» Stored records:
····················
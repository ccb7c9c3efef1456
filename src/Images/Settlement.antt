-- ===== src/Images/Settlement.antt =====
-- src/image-derivative.ts: how a run of the worker ends.
use z_s_app.Prelude.{
  ℕ, String, ◌≡◌, refl, ap, ◌∙◌, Bool, true, false, ◌||◌, not, List, [], ◌∷◌, ◌++◌, ◌==◌, eq_iff,
  string_eq, length, arith, ok, err,
}
use z_s_app.Config.Document.{JsNumber, natural, other, number_beq}
use z_s_app.Config.Validation.{in_range}
use z_s_app.Images.Errors.{ImageDerivativeError}
use z_s_app.Images.{
  ImageDerivativeJob, ImageDerivativeSource, ProcessedImageDerivative,
  VerifiedImageDerivativeOutput, Call, Run, Collaborators, ◌>>=◌, ◌>>◌, throw_if, assert_source,
  assert_processed, is_fine_output, within_pixels, is_sha256, work, maximum_source_bytes,
  maximum_output_bytes, minimum_width, maximum_width, minimum_quality, maximum_quality,
}

append_same : {A : Type 0} (a b c d : List A) → a ≡ c → b ≡ d → (a ++ b) ≡ (c ++ d)
append_same a b c d e f = ap (λ x. x ++ b) e ∙ ap (λ x. c ++ x) f

module _ {A B : Type 0} where
  -- What a run that returned did, in its two parts.
  bind-ok :
      (m : Run A) (next : A → Run B) (v : B)
      → (m >>= next).1 ≡ ok v
      → (a : A) × (m.1 ≡ ok a) × ((next a).1 ≡ ok v) × ((m >>= next).0 ≡ m.0 ++ (next a).0)
  unfolding ◌>>=◌
  bind-ok (calls, err e) next v h = cc
  bind-ok (calls, ok a) next v h = (a, refl, h, refl)

throw_if-ok :
    (b : Bool) (e : ImageDerivativeError) {u : Unit}
    → (throw_if b e).1 ≡ ok u
    → (b ≡ false) × ((throw_if b e).0 ≡ [])
throw_if-ok true e h = cc
throw_if-ok false e h = (refl, refl)

-- The requests and the source that the worker accepts.
abbrev pub IsAccepted : ImageDerivativeJob → ImageDerivativeSource → Type 0
IsAccepted job source =
    (source.media_type ≡ "image/png")
    × (in_range 1 maximum_source_bytes source.byte_length ≡ true)
    × (is_sha256 source.checksum_sha256 ≡ true)
    × (in_range minimum_width maximum_width job.requested_width ≡ true)
    × (in_range minimum_quality maximum_quality job.quality ≡ true)

true_of_false : (b : Bool) → not b ≡ false → b ≡ true
true_of_false b h = ground (arith, h)

then-ok :
    {B : Type 0} (b : Bool) (e : ImageDerivativeError) (next : Run B) (v : B)
    → (throw_if b e >> next).1 ≡ ok v
    → (b ≡ false) × (next.1 ≡ ok v) × ((throw_if b e >> next).0 ≡ next.0)
unfolding ◌>>◌ ◌>>=◌
then-ok true e next v h = cc
then-ok false e next v h = (refl, h, refl)

assert_source-ok :
    (job : ImageDerivativeJob) (source : ImageDerivativeSource)
    → (assert_source job source).1 ≡ ok tt
    → IsAccepted job source × ((assert_source job source).0 ≡ [])
unfolding assert_source
assert_source-ok job source h =
    let (mime, h1, e1) = then-ok (not (source.media_type == "image/png")) _ _ tt h in
    let (bytes, h2, e2) =
      then-ok (not (in_range 1 maximum_source_bytes source.byte_length)) _ _ tt h1 in
    let (sum, h3, e3) = then-ok (not (is_sha256 source.checksum_sha256)) _ _ tt h2 in
    let (width, h4, e4) =
      then-ok (not (in_range minimum_width maximum_width job.requested_width)) _ _ tt h3 in
    let (quality, e5) =
      throw_if-ok (not (in_range minimum_quality maximum_quality job.quality)) _ h4 in
    (
      (
        (eq_iff source.media_type "image/png").0 (true_of_false _ mime),
        true_of_false _ bytes,
        true_of_false _ sum,
        true_of_false _ width,
        true_of_false _ quality,
      ),
      e1 ∙ e2 ∙ e3 ∙ e4 ∙ e5,
    )

silent : (calls later all : List Call) → all ≡ calls ++ later → calls ≡ [] → all ≡ later
silent calls later all e none_made = e ∙ ap (λ x. x ++ later) none_made

or-false : (a b : Bool) → (a || b) ≡ false → (a ≡ false) × (b ≡ false)
or-false a b h = ground (arith, h)

same_number : (a b : JsNumber) → number_beq a b ≡ true → a ≡ b
same_number (natural n) (natural m) h = ground (arith, h)
same_number (natural n) (other t) h = cc
same_number (other s) (natural m) h = cc
same_number (other s) (other t) h = ap other ((eq_iff s t).0 h)

-- What the processor returned is a PNG within the limits, and its checksum is that of its bytes.
abbrev pub IsFineOutput : (List ℕ → String) → ProcessedImageDerivative → Type 0
IsFineOutput digest output =
    (output.media_type ≡ "image/png")
    × (in_range minimum_width maximum_width output.width ≡ true)
    × (within_pixels output.width output.height ≡ true)
    × (output.byte_length ≡ natural (length output.body))
    × (in_range 1 maximum_output_bytes output.byte_length ≡ true)
    × (digest output.body ≡ output.checksum_sha256)

module _ (digest : List ℕ → String) where
  is_fine_output-true :
      (output : ProcessedImageDerivative)
      → is_fine_output digest output ≡ true
      → IsFineOutput digest output
  unfolding is_fine_output
  is_fine_output-true output h = (
    (eq_iff output.media_type "image/png").0 (ground (arith, h)),
    ground (arith, h),
    ground (arith, h),
    same_number output.byte_length (natural (length output.body)) (ground (arith, h)),
    ground (arith, h),
    (eq_iff (digest output.body) output.checksum_sha256).0 (ground (arith, h)),
  )

  -- the replies of a run that did all its work
  abbrev pub IsCompleted : Collaborators → ImageDerivativeJob → Type 0
  IsCompleted c job =
      (source : ImageDerivativeSource) × (output : ProcessedImageDerivative)
      × (verified : VerifiedImageDerivativeOutput) × (c.read job ≡ ok source)
      × IsAccepted job source
      × (c.process job source ≡ ok output)
      × IsFineOutput digest output
      × (c.write job output ≡ ok verified)
      × (verified.byte_length ≡ output.byte_length)
      × (verified.checksum_sha256 ≡ output.checksum_sha256)
      × (c.complete job verified ≡ ok tt)

  pub work-ok :
      (c : Collaborators) (job : ImageDerivativeJob)
      → (work digest c job).1 ≡ ok tt
      → IsCompleted c job
        × ((work digest c job).0 ≡ Call.read ∷ Call.process ∷ Call.write ∷ Call.complete ∷ [])
  unfolding work assert_processed ◌>>◌
  work-ok c job h =
      let (source, read, h1, e1) = bind-ok (Call.read ∷ [], c.read job) _ tt h in
      let (u, checked, h2, e2) = bind-ok (assert_source job source) _ tt h1 in
      let (accepted, quiet) = assert_source-ok job source checked in
      let (output, process, h3, e3) = bind-ok (Call.process ∷ [], c.process job source) _ tt h2 in
      let (is_fine, h4, e4) = then-ok (not (is_fine_output digest output)) _ _ tt h3 in
      let (verified, write, h5, e5) = bind-ok (Call.write ∷ [], c.write job output) _ tt h4 in
      let (same, h6, e6) =
        then-ok
          (not (number_beq verified.byte_length output.byte_length)
            || not (verified.checksum_sha256 == output.checksum_sha256))
          _ _ tt h5 in
      let (same_bytes, same_sum) =
        or-false (not (number_beq verified.byte_length output.byte_length)) _ same in
      (
        (
          source,
          output,
          verified,
          read,
          accepted,
          process,
          is_fine_output-true output (true_of_false _ is_fine),
          write,
          same_number _ _ (true_of_false _ same_bytes),
          (eq_iff _ _).0 (true_of_false _ same_sum),
          h6,
        ),
        e1
            ∙ ap (λ l. Call.read ∷ l)
                (silent _ _ _ e2 quiet
                  ∙ e3
                  ∙ ap (λ l. Call.process ∷ l) (e4 ∙ e5 ∙ ap (λ l. Call.write ∷ l) e6)),
      )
····················
» What is expected: Give back the line containing "(eq_iff _ _).0" and all the lines after it through the end of the records, unchanged.

» Reply:
          (eq_iff _ _).0 (true_of_false _ same_sum),
          h6,
        ),
        e1
            ∙ ap (λ l. Call.read ∷ l)
                (silent _ _ _ e2 quiet
                  ∙ e3
                  ∙ ap (λ l. Call.process ∷ l) (e4 ∙ e5 ∙ ap (λ l. Call.write ∷ l) e6)),
      )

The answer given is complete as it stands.